Chen Zhimeng, Chen Ming, Sun Xuri, Guo Xieli, Li Qiuna, Huang Yinqiong, Zhang Yuren, Wu Lianwei, Liu Yu, Xu Jinting, Fang Yuming, Lin Xiahong
Information Department, Fujian Province Lianpu Network Technology Co., Ltd., Quanzhou, China.
Department of Nephrology, Jinjiang Municipal Hospital, Quanzhou, China.
Front Med (Lausanne). 2021 Jun 4;8:658665. doi: 10.3389/fmed.2021.658665. eCollection 2021.

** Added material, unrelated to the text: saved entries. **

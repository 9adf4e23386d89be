-- ===== src/PriorityQueue/Choice.antt =====
-- Which time queue `Front` and `PopFront` of a priority queue take from.
use mathlib.Core.Path.{subst}
use libquicr.Prelude.{
  ℕ, suc, ◌≡◌, refl, sym, ◌∙◌, ap, ◌⊎◌, Bool, true, false, List, [], ◌∷◌, ◌++◌, map, append_assoc,
  All, Bool-cases, inl, inr, if◌then◌else◌, ltb,
}
use libquicr.TimeQueue.{
  Entry, TimeQueue, Element, is_expired, scan, advance, front as front_timed,
  pop_front as pop_front_timed,
}
use libquicr.TimeQueue.Scan.{scan_live, scan_skip}
use libquicr.PriorityQueue.{Groups, PriorityQueue, visit_groups, visit_queues, front, pop_front}

-- The time queues in the order of the lists that the maps are.
abbrev pub in_order : {A : Type 0} → List (ℕ × Groups A) → List (TimeQueue A)
in_order [] = []
in_order ((p, groups) ∷ queues) = map (λ e. e.1) groups ++ in_order queues

pub if_true : {B : Type 0} (b : Bool) (x y : B) → b ≡ true → (if b then x else y) ≡ x
if_true b x y h = rw h refl

pub if_false : {B : Type 0} (b : Bool) (x y : B) → b ≡ false → (if b then x else y) ≡ y
if_false b x y h = rw h refl

module _ {A : Type 0} (method : Element A → TimeQueue A → TimeQueue A × Element A) where
  -- It gives missing value, whatever is in the caller's element.
  abbrev pub IsSilent : TimeQueue A → Type 0
  IsSilent t = (elem : Element A) → (method elem t).1.has_value ≡ false

  -- The element is what the method made of a time queue that has a value, behind silent ones only.
  abbrev pub TakesFirst : List (TimeQueue A) → Element A → Type 0
  TakesFirst ts r =
      (before : List (TimeQueue A)) × (t : TimeQueue A) × (after : List (TimeQueue A))
      × (elem : Element A) × (ts ≡ before ++ (t ∷ after))
      × All IsSilent before
      × (r ≡ (method elem t).1)
      × (r.has_value ≡ true)

  abbrev pub Outcomes : List (TimeQueue A) → Element A → Type 0
  Outcomes ts r = TakesFirst ts r ⊎ (All IsSilent ts × (r.has_value ≡ false))

  TakesFirst-left :
      (xs ys : List (TimeQueue A)) (r : Element A) → TakesFirst xs r → TakesFirst (xs ++ ys) r
  TakesFirst-left xs ys r (before, t, after, elem, split, silent, made, value) = (
    before,
    t,
    after ++ ys,
    elem,
    ap (λ l. l ++ ys) split ∙ append_assoc before (t ∷ after) ys,
    silent,
    made,
    value,
  )

  All-append :
      (xs ys : List (TimeQueue A)) → All IsSilent xs → All IsSilent ys → All IsSilent (xs ++ ys)
  All-append [] ys h k = k
  All-append (x ∷ xs) ys (p, h) k = (p, All-append xs ys h k)

  TakesFirst-right :
      (xs ys : List (TimeQueue A)) (r : Element A)
      → All IsSilent xs
      → TakesFirst ys r
      → TakesFirst (xs ++ ys) r
  TakesFirst-right xs ys r quiet (before, t, after, elem, split, silent, made, value) = (
    xs ++ before,
    t,
    after,
    elem,
    ap (λ l. xs ++ l) split ∙ sym (append_assoc xs before (t ∷ after)),
    All-append xs before quiet silent,
    made,
    value,
  )

  module _
      (same : (e e' : Element A) (t : TimeQueue A)
        → (method e t).1.has_value ≡ (method e' t).1.has_value) where
    abbrev Visited : List (TimeQueue A) → Element A → Bool → Type 0
    Visited ts r stopped =
        ((stopped ≡ true) × TakesFirst ts r)
        ⊎ ((stopped ≡ false) × All IsSilent ts × (r.has_value ≡ false))

    visit_groups-Visited :
        (elem : Element A) (groups : Groups A)
        → elem.has_value ≡ false
        → let v = visit_groups method elem groups in Visited (map (λ e. e.1) groups) v.1 v.3
    visit_groups-Visited elem [] h = inr (refl, tt, h)
    visit_groups-Visited elem ((group, t) ∷ groups) h =
        let r = method elem t in
        let ts = map (λ e. e.1) groups in
        elim (Bool-cases r.1.has_value) [
          | inl found ↦
              subst (λ (v : Groups A × Element A × List ℕ × Bool). Visited (t ∷ ts) v.1 v.3)
                (sym (if_true r.1.has_value _ _ found))
                (inl (refl, ([], t, ts, elem, refl, tt, refl, found)))
          | inr missing ↦
              let quiet : IsSilent t = λ e. same e elem t ∙ missing in
              subst (λ (v : Groups A × Element A × List ℕ × Bool). Visited (t ∷ ts) v.1 v.3)
                (sym (if_false r.1.has_value _ _ missing))
                (elim (visit_groups-Visited r.1 groups missing) [
                  | inl (stopped, first) ↦
                      inl (stopped, TakesFirst-right (t ∷ []) ts _ (quiet, tt) first)
                  | inr (on, silent, none_found) ↦ inr (on, (quiet, silent), none_found)
                ])
        ]

    visit_queues-Outcomes :
        (elem : Element A) (queues : List (ℕ × Groups A))
        → elem.has_value ≡ false
        → Outcomes (in_order queues) (visit_queues method elem queues).1
    visit_queues-Outcomes elem [] h = inr (tt, h)
    visit_queues-Outcomes elem ((priority, groups) ∷ queues) h =
        elim (visit_groups-Visited elem groups h) [
          | inl (stopped, first) ↦
              rw stopped (inl (TakesFirst-left (map (λ e. e.1) groups) (in_order queues) _ first))
          | inr (on, silent, none_found) ↦
              rw on
                (elim (visit_queues-Outcomes (visit_groups method elem groups).1 queues
                  none_found) [
                    | inl first ↦
                        inl (
                          TakesFirst-right (map (λ e. e.1) groups) (in_order queues) _ silent first)
                    | inr (quiet, left) ↦
                        inr
                          (All-append (map (λ e. e.1) groups) (in_order queues) silent quiet, left)
                  ])
        ]

-- Whether a time queue has a value does not depend on the caller's element.
module _ {A : Type 0} where
  has_value-scan :
      (now : ℕ) (b : List (List A)) (es : List Entry) (i : ℕ) (e e' : Element A)
      → e.has_value ≡ e'.has_value
      → (scan now b es i e).1.has_value ≡ (scan now b es i e').1.has_value
  unfolding scan
  has_value-scan now b [] i e e' h = h
  has_value-scan now b (x ∷ es) i e e' h = elim (Bool-cases (is_expired now b x)) [
    | inl t ↦
        rw (scan_skip now b x es i e t, scan_skip now b x es i e' t)
          (has_value-scan now b es (suc i) _ _ h)
    | inr f ↦
        rw (scan_live now b x es i e f, scan_live now b x es i e' f)
          (elim (Bool-cases (ltb now x.wait_for_tick)) [ inl t ↦ rw t h | inr g ↦ rw g refl ])
  ]

  has_value-front :
      (now : ℕ) (e e' : Element A) (t : TimeQueue A)
      → (front_timed now e t).1.has_value ≡ (front_timed now e' t).1.has_value
  unfolding front_timed
  has_value-front now e e' t = has_value-scan now (advance now t).buckets _ _ _ _ refl

  has_value-pop_front :
      (now : ℕ) (e e' : Element A) (t : TimeQueue A)
      → (pop_front_timed now e t).1.has_value ≡ (pop_front_timed now e' t).1.has_value
  unfolding pop_front_timed
  has_value-pop_front now e e' t = has_value-front now e e' t

  -- `Front` and `PopFront` give what the first time queue gives that has a value, in the order of the
  -- maps' lists, and the ones before it have none; or none of them has one.
  pub front-Outcomes :
      (now : ℕ) (elem : Element A) (q : PriorityQueue A)
      → Outcomes (λ e t. front_timed now e t) (in_order q.queues) (front now elem q).1
        × Outcomes (λ e t. pop_front_timed now e t) (in_order q.queues) (pop_front now elem q).1
  unfolding front pop_front
  front-Outcomes now elem q = (
    visit_queues-Outcomes (λ e t. front_timed now e t) (has_value-front now)
        (record elem { has_value = false; expired_count = 0 }) q.queues refl,
    visit_queues-Outcomes (λ e t. pop_front_timed now e t) (has_value-pop_front now)
        (record elem { has_value = false; expired_count = 0 }) q.queues refl,
  )
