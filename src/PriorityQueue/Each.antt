-- ===== src/PriorityQueue/Each.antt =====
-- Predicates on the values of a map and on what a call returns.
use mathlib.Core.Path.{subst}
use libquicr.Prelude.{
  ℕ, ◌≡◌, refl, some, List, [], ◌∷◌, arith, Bool-cases, inl, inr, ltb, ◌==◌, Outcome, ok, throws,
  undefined, unfinished, ◌>>=◌,
}
use libquicr.Cache.Map.{lookup, assign, erase}

module _ {V : Type 0} (P : V → Type 0) where
  abbrev pub Each : List (ℕ × V) → Type 0
  Each [] = Unit
  Each ((k, v) ∷ m) = P v × Each m

  pub Each-assign : (k : ℕ) (v : V) (m : List (ℕ × V)) → P v → Each m → Each (assign k v m)
  Each-assign k v [] p h = (p, tt)
  Each-assign k v ((j, w) ∷ m) p (q, h) = elim (Bool-cases (k == j)) [
    | inl t ↦ rw t (p, h)
    | inr f ↦ rw f (elim (Bool-cases (ltb k j)) [
      | inl t ↦ rw t (p, (q, h))
      | inr g ↦ rw g (q, Each-assign k v m p h)
    ])
  ]

  pub Each-erase : (k : ℕ) (m : List (ℕ × V)) → Each m → Each (erase k m)
  Each-erase k [] h = tt
  Each-erase k ((j, w) ∷ m) (q, h) = elim (Bool-cases (k == j)) [
    | inl t ↦ rw t h
    | inr f ↦ rw f (q, Each-erase k m h)
  ]

  pub lookup_each : (k : ℕ) (m : List (ℕ × V)) (v : V) → Each m → lookup k m ≡ some v → P v
  lookup_each k [] v h e = cc
  lookup_each k ((j, w) ∷ m) v (q, h) e = elim (Bool-cases (k == j)) [
    | inl t ↦ subst P (let s : w ≡ v = ground (arith, t, e) in s) q
    | inr f ↦ lookup_each k m v h (ground (arith, f, e))
  ]

-- What a call that returns a value leaves.
abbrev pub OnOk : {B : Type 0} → (B → Type 0) → Outcome B → Type 0
OnOk P (ok b) = P b
OnOk P _ = Unit

pub OnOk-bind :
    {B C : Type 0} (P : B → Type 0) (Q : C → Type 0) (r : Outcome B) (k : B → Outcome C)
    → OnOk P r
    → ((b : B) → P b → OnOk Q (k b))
    → OnOk Q (r >>= k)
OnOk-bind P Q (ok b) k h next = next b h
OnOk-bind P Q (throws e) k h next = tt
OnOk-bind P Q undefined k h next = tt
OnOk-bind P Q unfinished k h next = tt

pub OnOk-intro :
    {B : Type 0} (P : B → Type 0) (r : Outcome B) → ((b : B) → r ≡ ok b → P b) → OnOk P r
OnOk-intro P (ok b) h = h b refl
OnOk-intro P (throws e) h = tt
OnOk-intro P undefined h = tt
OnOk-intro P unfinished h = tt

Acute kidney injury (AKI) is one of the most severe consequences of kidney injury, and it will also cause or aggravate the complications by the fast decline of kidney excretory function. Accurate AKI prediction, including the AKI case, AKI stage, and AKI onset time interval, can provide adequate support for effective interventions. Besides, discovering how the medical features affect the AKI result may also provide supporting information for disease treatment. An attention-based temporal neural network approach was employed in this study for AKI prediction and for the analysis of the impact of medical features from temporal electronic health record (EHR) data of patients before AKI diagnosis. We used the publicly available dataset provided by the Medical Information Mart for Intensive Care (MIMIC) for model training, validation, and testing, and then the model was applied in clinical practice. The improvement of AKI case prediction is around 5% AUC (area under the receiver operating characteristic curve), and the AUC value of AKI stage prediction on AKI stage 3 is over 82%. We also analyzed the data by two steps: the associations between the medical features and the AKI case (positive or inverse) and the extent of the impact of medical features on AKI prediction result. It shows that features, such as lactate, glucose, creatinine, blood urea nitrogen (BUN), prothrombin time (PT), and partial thromboplastin time (PTT), are positively associated with the AKI case, while there are inverse associations between the AKI case and features such as platelet, hemoglobin, hematocrit, urine, and international normalized ratio (INR). The laboratory test features such as urine, glucose, creatinine, sodium, and blood urea nitrogen and the medication features such as nonsteroidal anti-inflammatory drugs, agents acting on the renin-angiotensin system, and lipid-lowering medication were detected to have higher weights than other features in the proposed model, which may imply that these features have a great impact on the AKI case.
急性肾损伤(AKI)是肾损伤最严重的后果之一,它还会因肾脏排泄功能的快速下降而导致或加重并发症。准确的AKI预测,包括AKI病例、AKI分期和AKI发病时间间隔,可为有效干预提供充分支持。此外,发现医学特征如何影响AKI结果也可为疾病治疗提供支持信息。本研究采用基于注意力的时间神经网络方法进行AKI预测,并分析AKI诊断前患者时间电子健康记录(EHR)数据中医学特征的影响。我们使用重症监护医学信息集市(MIMIC)提供的公开可用数据集进行模型训练、验证和测试,然后将该模型应用于临床实践。AKI病例预测的改善约为5%的曲线下面积(AUC),AKI 3期的AKI分期预测AUC值超过82%。我们还分两步分析了数据:医学特征与AKI病例之间的关联(正相关或负相关)以及医学特征对AKI预测结果的影响程度。结果表明,乳酸、葡萄糖、肌酐、血尿素氮(BUN)、凝血酶原时间(PT)和部分凝血活酶时间(PTT)等特征与AKI病例呈正相关,而AKI病例与血小板、血红蛋白、血细胞比容、尿液和国际标准化比值(INR)等特征呈负相关。在所提出的模型中,检测到尿液、葡萄糖、肌酐、钠和血尿素氮等实验室检查特征以及非甾体抗炎药、作用于肾素-血管紧张素系统的药物和降脂药物等用药特征比其他特征具有更高的权重,这可能意味着这些特征对AKI病例有很大影响。